It is, and the iOS 14 changes fixed and highlighted the issue.
Perhaps naively, but I give all the apps (even Tiktok) benefit of the doubt here. It was a fairly common practice for podcast apps (for example), to check the clipboard for an RSS feed and prompt to subscribe to it when adding a podcast. iOS 14 gave new APIs to do that in a more privacy preserving way.
I don't think anyone was busted for anything nefarious, but it just reavealed a lack of suitable APIs on the platform.
> It was a fairly common practice for podcast apps (for example), to check the clipboard for an RSS feed and prompt to subscribe to it when adding a podcast.
How annoying! It would be better to register an rss:// handler and let the OS notify the user that a new RSS url has been found {on the clipboard, in html, text file, url, whatever} and ask what to do (perhaps with some automatic permission to send it to your app).

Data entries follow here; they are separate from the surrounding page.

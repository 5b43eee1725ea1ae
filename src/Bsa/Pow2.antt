-- ===== src/Bsa/Pow2.antt =====
-- `bsa_nearest_pow2`: the loop ends by its test, and the result is the power of two that lies nearest.
use native.Mathlib.Nat.{mod-eq_of_lt, two-pow-succ, pow-suc}
use native.Mathlib.Decide.{dec_lt}
use approximation_computing.Common.{
  ℕ, zero, suc, ◌+◌, ◌-◌, ◌*◌, ◌%◌, ◌^◌, ◌≤◌, ◌<◌, ◌≡◌, ◌⊎◌, inl, inr, refl, arith, Bool, true,
  false, not, ◌&&◌, leb, ◌==◌, if◌then◌else◌, two-pow-pos, two-pow-le,
}
use approximation_computing.Words.{u32, sub32}
use approximation_computing.Bsa.{floor_loop, bsa_nearest_pow2}

-- The largest power of two that is at most the weight, or 2^31.
abbrev pub IsFloor : ℕ → ℕ → Type 0
IsFloor w p = (k : ℕ) × (p ≡ 2 ^ k) × (k ≤ 31) × (p ≤ w) × (w < 2 * p)

doubled : (k : ℕ) → k < 31 → 2 ^ k * 2 % 2 ^ 32 ≡ 2 ^ suc k
doubled k h =
    let bound : 2 ^ suc k ≤ 2 ^ 31 = two-pow-le h in rw (← pow-suc 2 k) (mod-eq_of_lt (omega arith))

-- The test of the loop.
abbrev goes_on : ℕ → ℕ → Bool
goes_on w next = not (next == 0) && leb next w

goes_on-true : (w next : ℕ) → 0 < next → next ≤ w → goes_on w next ≡ true
goes_on-true w next p h = ground arith

goes_on-false : (w next : ℕ) → w < next → goes_on w next ≡ false
goes_on-false w next h = ground arith

-- From 2^k on, with fuel for the doublings that are left.
floor_loop-IsFloor :
    (fuel w k : ℕ)
    → 32 ≤ fuel + k
    → k ≤ 31
    → w < 2 ^ 32
    → 2 ^ k ≤ w
    → IsFloor w (floor_loop fuel w (2 ^ k))
unfolding floor_loop
floor_loop-IsFloor zero w k f h fits le = absurd (omega arith)
floor_loop-IsFloor (suc fuel) w k f h fits le = elim (dec_lt k 31) [
  | yes lt ↦ rw (doubled k lt) (elim (dec_lt w (2 ^ suc k)) [
    | no ge ↦
        rw (goes_on-true w (2 ^ suc k) (two-pow-pos (suc k)) (omega arith))
          (floor_loop-IsFloor fuel w (suc k) (omega arith) lt fits (omega arith))
    | yes above ↦
        rw (goes_on-false w (2 ^ suc k) above) (k, refl, h, le, omega (arith, two-pow-succ k))
  ])
  | no last ↦
      let e : k ≡ 31 = omega arith in
      let le' : 2 ^ 31 ≤ w = rw e at le in rw e (31, refl, omega arith, le', omega arith)
]

-- The power of two that the function returns for a weight that is not 0.
pub bsa_nearest_pow2-IsFloor : (w : ℕ) → 0 < w → w < 2 ^ 32 → IsFloor w (floor_loop 32 w 1)
bsa_nearest_pow2-IsFloor w p h = floor_loop-IsFloor 32 w 0 (omega arith) (omega arith) h p

-- The two cases, by the middle between the two powers of two.
Chosen : ℕ → ℕ → ℕ → Type 0
Chosen w k p =
    ((p ≡ 2 ^ k) × (2 * w ≤ 3 * 2 ^ k)) ⊎ ((p ≡ 2 ^ suc k) × (k < 31) × (3 * 2 ^ k < 2 * w))

-- The choice between the two, once the loop has ended.
choose : ℕ → ℕ → ℕ
choose weight floor_pow2 =
    let ceil_pow2 = u32 (floor_pow2 * 2) in
    if floor_pow2 == weight
    then weight
    else if ceil_pow2 == 0
    then floor_pow2
    else if leb (sub32 weight floor_pow2) (sub32 ceil_pow2 weight)
    then floor_pow2
    else ceil_pow2

choose_lem :
    (w k : ℕ) → k ≤ 31 → w ≤ 2 ^ 31 → 2 ^ k ≤ w → w < 2 * 2 ^ k → Chosen w k (choose w (2 ^ k))
unfolding choose Chosen
choose_lem w k h fits le lt = elim (dec_lt k 31) [
  | yes below ↦ rw (doubled k below) (ground (arith, two-pow-succ k, two-pow-pos k))
  | no last ↦
      let e : k ≡ 31 = omega arith in
      let le' : 2 ^ 31 ≤ w = rw e at le in
      let e' : w ≡ 2 ^ 31 = omega arith in rw (e, e') (inl (refl, omega arith))
]

nearest_eq_choose : (w : ℕ) → 0 < w → bsa_nearest_pow2 w ≡ choose w (floor_loop 32 w 1)
unfolding bsa_nearest_pow2 choose
nearest_eq_choose w h = ground arith

-- |a - b|.
abbrev pub dist : ℕ → ℕ → ℕ
dist a b = (a - b) + (b - a)

-- A power of two lies at or below the floor, or at or above its double.
around : (k j : ℕ) → (2 ^ j ≤ 2 ^ k) ⊎ (2 * 2 ^ k ≤ 2 ^ j)
around k j = elim (dec_lt k j) [
  | yes h ↦ inr (omega (arith, two-pow-le h, two-pow-succ k))
  | no h ↦ inl (two-pow-le (omega arith))
]

Chosen-dist :
    (w k p : ℕ)
    → 2 ^ k ≤ w
    → w < 2 * 2 ^ k
    → Chosen w k p
    → ((j : ℕ) → dist w p ≤ dist w (2 ^ j)) × (3 * p ≤ 4 * w) × (2 * w ≤ 3 * p)
unfolding Chosen
Chosen-dist w k p le lt (inl (e, c)) =
    rw e (λ j. omega (arith, around k j), omega arith, omega arith)
Chosen-dist w k p le lt (inr (e, below, c)) = rw e (
  λ j. omega (arith, around k j, two-pow-succ k),
  omega (arith, two-pow-succ k),
  omega (arith, two-pow-succ k),
)

Chosen-power : (w k p : ℕ) → k ≤ 31 → Chosen w k p → (n : ℕ) × (p ≡ 2 ^ n) × (n ≤ 31)
unfolding Chosen
Chosen-power w k p h (inl (e, c)) = (k, e, h)
Chosen-power w k p h (inr (e, below, c)) = (suc k, e, below)

-- For a weight from 1 to 2^31 the result is a power of two at least as near as any other; the mantissa weight / p lies
-- between 3/4 and 3/2.
pub bsa_nearest_pow2-nearest :
    (w : ℕ)
    → 0 < w
    → w ≤ 2 ^ 31
    → let p = bsa_nearest_pow2 w in
      ((k : ℕ) × (p ≡ 2 ^ k) × (k ≤ 31))
      × ((j : ℕ) → dist w p ≤ dist w (2 ^ j))
      × (3 * p ≤ 4 * w)
      × (2 * w ≤ 3 * p)
bsa_nearest_pow2-nearest w pos_w h =
    let (k, e, k_le, le, lt) = bsa_nearest_pow2-IsFloor w pos_w (omega arith) in
    let le' : 2 ^ k ≤ w = rw e at le in
    let lt' : w < 2 * 2 ^ k = rw e at lt in
    rw (nearest_eq_choose w pos_w, e)
      (let chosen = choose_lem w k k_le h le' lt' in
        let (near, low, high) = Chosen-dist w k _ le' lt' chosen in
        (Chosen-power w k _ k_le chosen, near, low, high))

And where it is, there's so much more that's also illegal that just about any nasty thing can be hidden between the trivialities of the resulting consent banner dance.
OS level protections are truly the least bad thing because they can also set arbitrary thresholds that would be impossible to define in law.
On Android this was "fixed" in newer versions. One of my apps used to use the clip board but it is no longer possible to listen for the content unless your app is in the foreground.